Albany Institute of History & Art's new exhibit, Hudson River Panorama: 400 Years of History, Art, and Culture, features hundreds of pieces of artwork, artifacts, interactive displays, and rare archival documents. The exhibit encompasses five major themes relating the many agricultural, industrial, and cultural influences of this historic waterway: community and settlement; natural history and environment; transportation; trade, commerce, and industry; and culture and symbol.

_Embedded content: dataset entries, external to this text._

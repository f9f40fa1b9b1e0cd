-- ===== src/KafkaConsumer/Loop.antt =====
-- src/consumer/kafka_consumer.cpp, start: how the loop runs and ends.
use ml_distributed_fraud_eng.Common.{
  ℕ, ◌≡◌, true, false, List, [], ◌∷◌, ◌++◌, Option, if◌then◌else◌,
}
use ml_distributed_fraud_eng.Messages.{Transaction}
use ml_distributed_fraud_eng.KafkaConsumer.{
  Action, Turn, Ended, goes_on, Exit, returned, thrown, KafkaConsumer, body,
}

module _ (parse : List ℕ → Option Transaction) where
  -- What one turn does.
  abbrev pub actions : Turn → List Action
  actions t = (body parse t.polled t.handler_returns).0

  abbrev pub ended : Turn → Ended
  ended t = (body parse t.polled t.handler_returns).1

  abbrev pub all_actions : List Turn → List Action
  all_actions [] = []
  all_actions (t ∷ ts) = actions t ++ all_actions ts

  -- A turn after which the loop goes on.
  abbrev pub Quiet : Turn → Type 0
  Quiet t = (t.stop_called ≡ false) × (ended t ≡ goes_on)

  -- What a turn in which `stop` was called before or the handler throws leaves, after these actions.
  abbrev pub ending : Turn → List Action → List Action × Exit × KafkaConsumer
  ending t acts =
      if t.stop_called
      then (acts, returned, record { running = false })
      else (acts ++ actions t, thrown, record { running = true })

Here is more from the press release:

Hudson River Panorama explores and narrates the influential force that the Hudson has had on our region, including settlement, agricultural cultivation, industrial growth, tourism, and the cultural prominence of the region's talented and creative artists, writers, architects, and landscape gardeners. For more than three years, the Albany Institute has been researching topics related to the Hudson River in preparation for the exhibition and accompanying educational programs.

Visitors will rediscover the flora and fauna of the Hudson River Valley and compare historic and contemporary images that reveal how the human presence has shaped and changed the appearance of the river over the last 200 years. The exhibition is also designed to reveal interconnections among the various topics, with occasional surprises and unexpected associations.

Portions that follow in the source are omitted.